PCM: Can you get into a bit more detail about training for our new readers?

SK: Sure. A program that delivers all levels of training, for cybersecurity practitioners, engineers, analysts, CISOs, non-CISO executive suite and board members, along with everyone else in an organization in a curated context that will insure everyone is getting exactly what they need, when they need it and in a consumable, consistent and repeatable set of programs overseen by an assigned success manager who assures that value is continuously extracted and applied. An online learning program designed to be an extension of an organizations’ expanding purview over Cybersecurity education, delivery, absorption and execution.

But my issue … and as you know I am continually pounding the desk on this … is that if we don’t do something really soon, it won’t matter how many new technologies we invent, how much new cyber-threat awareness we create in our corporate boardrooms or how many new initiatives we create around the traditional approaches to managing cybersecurity.
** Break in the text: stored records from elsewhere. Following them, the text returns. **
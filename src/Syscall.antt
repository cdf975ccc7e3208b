-- ===== src/Syscall.antt =====
-- The system calls of crates/smos-common and crates/smos-server: what a client writes into a
-- message and what the server reads from it.
pub mod Text
pub mod Handle
pub mod Invocation
pub mod Request
pub mod Decode
pub mod GetWith
pub mod Client
pub mod Transfer
pub mod Serve
pub mod Call
pub mod RoundTrip
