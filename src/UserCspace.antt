-- ===== src/UserCspace.antt =====
-- crates/smos-cspace/src/lib.rs: the slots of a user process's capability space.
pub mod Slots
use smos_thesis.Base.{ℕ, ◌<◌, Result, ok, err, Run, ret, panic, ◌>>=◌, assert, ltb, if◌then◌else◌}
use smos_thesis.Bitfield.{Bitfield, bitfield_init, bf_clr_bit, claim}

abbrev pub cspace_size : ℕ
cspace_size = 256

-- The root CNode is a capability, here the number of its slot.
pub record SmosUserCSpace : Type 0 where
  pub root_cnode : ℕ
  pub bf : Bitfield

unfoldable pub new : ℕ → SmosUserCSpace
new root_cnode = record { root_cnode = root_cnode; bf = bitfield_init cspace_size }

unfoldable pub alloc_slot : SmosUserCSpace → Run (Result (Unit {0}) ℕ × SmosUserCSpace)
alloc_slot cs = claim cs.bf >>= λ out. ret (out.0, record cs { bf = out.1 })

-- The bound is tested by `>`, and the bitfield panics out of its range.
unfoldable pub free_slot : SmosUserCSpace → ℕ → Run SmosUserCSpace
free_slot cs slot =
    if ltb cspace_size slot
    then ret cs
    else (bf_clr_bit cs.bf slot >>= λ bf'. ret (record cs { bf = bf' }))

-- The slot below the root CNode that a capability pointer addresses, with the depth of a word.
pub record AbsoluteCptr : Type 0 where
  pub root : ℕ
  pub bits : ℕ
  pub depth : ℕ

unfoldable pub to_absolute_cptr : SmosUserCSpace → ℕ → Run AbsoluteCptr
to_absolute_cptr cs slot =
    assert (ltb slot cspace_size) (ret (record { root = cs.root_cnode; bits = slot; depth = 64 }))
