-- ===== src/Syscall/Text.antt =====
-- crates/smos-common/src/string.rs: names in the buffer that a client shares with a server. A
-- slice is the list of its bytes, and a `&str` a list of bytes that is UTF-8.
use smos_thesis.Base.{
  ℕ, zero, suc, ◌+◌, ◌≤◌, ◌≡◌, refl, Bool, true, false, ◌&&◌, List, [], ◌∷◌, ◌++◌, Option, none,
  some, arith, Result, ok, err, length, ltb, leb, ◌==◌, if◌then◌else◌,
}
use smos_thesis.Common.Errors.{InvocationError, buffer_too_large, invalid_arguments}

-- The range of a continuation byte.
abbrev Range : Type 0
Range = ℕ × ℕ

-- The ranges of the bytes that must follow a leading byte (Unicode, table 3-7).
utf8_lead : ℕ → Option (List Range)
utf8_lead b =
    if ltb b 0x80
    then some []
    else if ltb b 0xc2
    then none
    else if ltb b 0xe0
    then some ((0x80, 0xbf) ∷ [])
    else if b == 0xe0
    then some ((0xa0, 0xbf) ∷ (0x80, 0xbf) ∷ [])
    else if b == 0xed
    then some ((0x80, 0x9f) ∷ (0x80, 0xbf) ∷ [])
    else if ltb b 0xf0
    then some ((0x80, 0xbf) ∷ (0x80, 0xbf) ∷ [])
    else if b == 0xf0
    then some ((0x90, 0xbf) ∷ (0x80, 0xbf) ∷ (0x80, 0xbf) ∷ [])
    else if ltb b 0xf4
    then some ((0x80, 0xbf) ∷ (0x80, 0xbf) ∷ (0x80, 0xbf) ∷ [])
    else if b == 0xf4
    then some ((0x80, 0x8f) ∷ (0x80, 0xbf) ∷ (0x80, 0xbf) ∷ [])
    else none

utf8_step : List Range → ℕ → Option (List Range)
utf8_step [] b = utf8_lead b
utf8_step ((lo, hi) ∷ more) b = if leb lo b && leb b hi then some more else none

utf8_from : List Range → List ℕ → Bool
utf8_from [] [] = true
utf8_from (r ∷ more) [] = false
utf8_from wait (b ∷ bs) = elim (utf8_step wait b) [ none ↦ false | some next ↦ utf8_from next bs ]

-- `core::str::from_utf8` accepts the bytes.
unfoldable pub is_utf8 : List ℕ → Bool
unfolding utf8_from utf8_step utf8_lead
is_utf8 bytes = utf8_from [] bytes

-- The bytes before the first zero, and those behind it.
unfoldable pub split_at_zero : List ℕ → Option (List ℕ × List ℕ)
split_at_zero [] = none
split_at_zero (b ∷ bs) =
    if b == 0
    then some ([], bs)
    else elim (split_at_zero bs) [ none ↦ none | some (name, rest) ↦ some (b ∷ name, rest) ]

unfoldable pub drop : ℕ → List ℕ → List ℕ
drop n [] = []
drop zero bs = bs
drop (suc n) (b ∷ bs) = drop n bs

-- What was written to the front of the buffer, and the slice behind it that is returned.
unfoldable pub copy_terminated_rust_string_to_buffer :
    List ℕ → List ℕ → Result InvocationError (List ℕ × List ℕ)
copy_terminated_rust_string_to_buffer buffer string =
    if ltb (length buffer) (length string + 1)
    then err buffer_too_large
    else ok (string ++ 0 ∷ [], drop (length string + 1) buffer)

unfoldable pub rust_str_from_buffer : List ℕ → Result InvocationError (List ℕ × List ℕ)
rust_str_from_buffer buffer = elim (split_at_zero buffer) [
  | none ↦ err invalid_arguments
  | some (name, rest) ↦ if is_utf8 name then ok (name, rest) else err invalid_arguments
]

-- A `&str` with no zero byte, which the terminated form can carry.
pub record IsName (name : List ℕ) : Type 0 where
  pub utf8 : is_utf8 name ≡ true
  pub no_zero : split_at_zero name ≡ none

split_at_zero-append :
    (name rest : List ℕ)
    → split_at_zero name ≡ none
    → split_at_zero (name ++ 0 ∷ rest) ≡ some (name, rest)
unfolding split_at_zero
split_at_zero-append [] rest h = refl
split_at_zero-append (b ∷ bs) rest h = ground (arith, split_at_zero-append bs rest)

-- A name that was written is read back, with what stands behind it.
pub rust_str_from_buffer-terminated :
    (name rest : List ℕ) → IsName name → rust_str_from_buffer (name ++ 0 ∷ rest) ≡ ok (name, rest)
unfolding rust_str_from_buffer
rust_str_from_buffer-terminated name rest v =
    ground (arith, split_at_zero-append name rest v.no_zero, v.utf8)

-- The written part and the slice behind it fill the buffer.
pub copy_fits :
    (buffer string : List ℕ)
    → length string + 1 ≤ length buffer
    → copy_terminated_rust_string_to_buffer buffer string
      ≡ ok (string ++ 0 ∷ [], drop (length string + 1) buffer)
unfolding copy_terminated_rust_string_to_buffer
copy_fits buffer string h = ground arith
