-- ===== src/Syscall/Request.antt =====
-- A message as a server receives it, and the reads that its decoding makes: a `?` ends the decoding
-- with an error, a read out of bounds panics.
use smos_thesis.Base.{
  ℕ, ◌^◌, Bool, true, false, List, Option, none, some, Result, ok, err, Run, ret, panic, get_elem?,
}
use smos_thesis.Common.Errors.{InvocationError, data_buffer_not_set}
use smos_thesis.Server.Message.{IpcBuffer}

-- `sel4::MessageInfo`, as the kernel hands it to a receiver.
pub record ReceivedInfo : Type 0 where
  pub label : ℕ
  pub msg_length : ℕ
  pub extra_caps : ℕ
  pub caps_unwrapped : ℕ

-- The receive slot is an `AbsoluteCPtr`, here the bits of its path.
pub record Request : Type 0 where
  pub info : ReceivedInfo
  pub ipcbuf : IpcBuffer
  pub data_buffer : Option (List ℕ)
  pub recv_slot : ℕ

abbrev pub Decode : Type 0 → Type 0
Decode A = Run (Result InvocationError A)

abbrev pub done : {A : Type 0} → A → Decode A
done a = ret (ok a)

abbrev pub refuse : {A : Type 0} → InvocationError → Decode A
refuse e = ret (err e)

infixl 5 ◌>>=◌ ◌>>◌
abbrev pub ◌>>=◌ : {A B : Type 0} → Decode A → (A → Decode B) → Decode B
ret (ok a) >>= f = f a
ret (err e) >>= f = ret (err e)
panic >>= f = panic

abbrev pub ◌>>◌ : {B : Type 0} → Decode (Unit {0}) → Decode B → Decode B
m >> k = m >>= λ _. k

-- `if bad { return Err(e) }`
abbrev pub reject_if : Bool → InvocationError → Decode (Unit {0})
reject_if true e = refuse e
reject_if false e = done tt

abbrev pub try : {A : Type 0} → Result InvocationError A → Decode A
try r = ret r

abbrev pub option_or : {A : Type 0} → Option A → InvocationError → Decode A
option_or none e = refuse e
option_or (some a) e = done a

abbrev pub read : List ℕ → ℕ → Decode ℕ
read words i = elim (get_elem? words i) [ none ↦ panic | some v ↦ done v ]

-- `|i| ipcbuf.msg_regs()[i as usize]`
abbrev pub f_msg : Request → ℕ → Decode ℕ
f_msg m i = read m.ipcbuf.msg_regs i

-- `|i| ipcbuf.caps_or_badges()[i as usize]`
abbrev pub f_cap : Request → ℕ → Decode ℕ
f_cap m i = read m.ipcbuf.caps_or_badges i

-- The guard `if data_buffer.is_none()` and the `unwrap` behind it.
abbrev pub the_buffer : Request → Decode (List ℕ)
the_buffer m = option_or m.data_buffer data_buffer_not_set

-- `BIT`
abbrev pub bit : ℕ → ℕ
bit n = 2 ^ n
If we don’t shift our approach to a risk management model, re-build our cyber-defense infrastructure on the basis of a Zero Trust architecture, and staff it with an abundance of trained warriors, we will continue to retreat from this cyber-war front in the business of business, out-resourced, out-smarted and out-intimidated by opposing forces unencumbered by layers of social justice and political correctness, just as we have been doing for the last 20 years. But a “cyber-threat aware” Board will help immeasurably.

PCM: Ah, this reminds us of our recent chat about the spreading attack vector, and your analysis of ChatGPT.

SK: If we could just lay aside ChatGPT for a moment, let’s look at the bigger picture. Constant internal pressure to leverage new paths to digitization, exploding attack vectors and the shift in both professional and now personal liability for C-level executives and Board members has created additional layers of economic risk unprecedented in the history of business. My experience is that the board simply does not trust either the IT or Security leadership; they don’t trust that either team understands the business nor could make the right executive decisions were they in charge, and as a consequence, the board will not relinquish the reins of leadership outside of their domains. But a cyber savvy Board member tips the scales, in a favorable direction.

PCM: So it enables the strategy?

SK: Exactly. It means translating that strategy into language that the board will understand and contextualize outside the standard threat/consequence matrix, so that professional risk decision makers can make determinations aligned with realities that they can now understand. We may not be able to fix leadership issues at the national or international levels, but nothing stops us from doing so within our own domains.

And to close, security experts are treated as mythical knowledge priests, but held far more weirdly than doctors or chemists, as regular folks just don’t comprehend what these people actually do. Corporations give their CISOs lots of serious money, they weave some incomprehensible computer science together, and the board (too often) reads reports that no one understands and everyone prays that nothing bad happens on their watch. So the Wall Street Journal is right: go out and grab all the cyber pros you can. And we can help.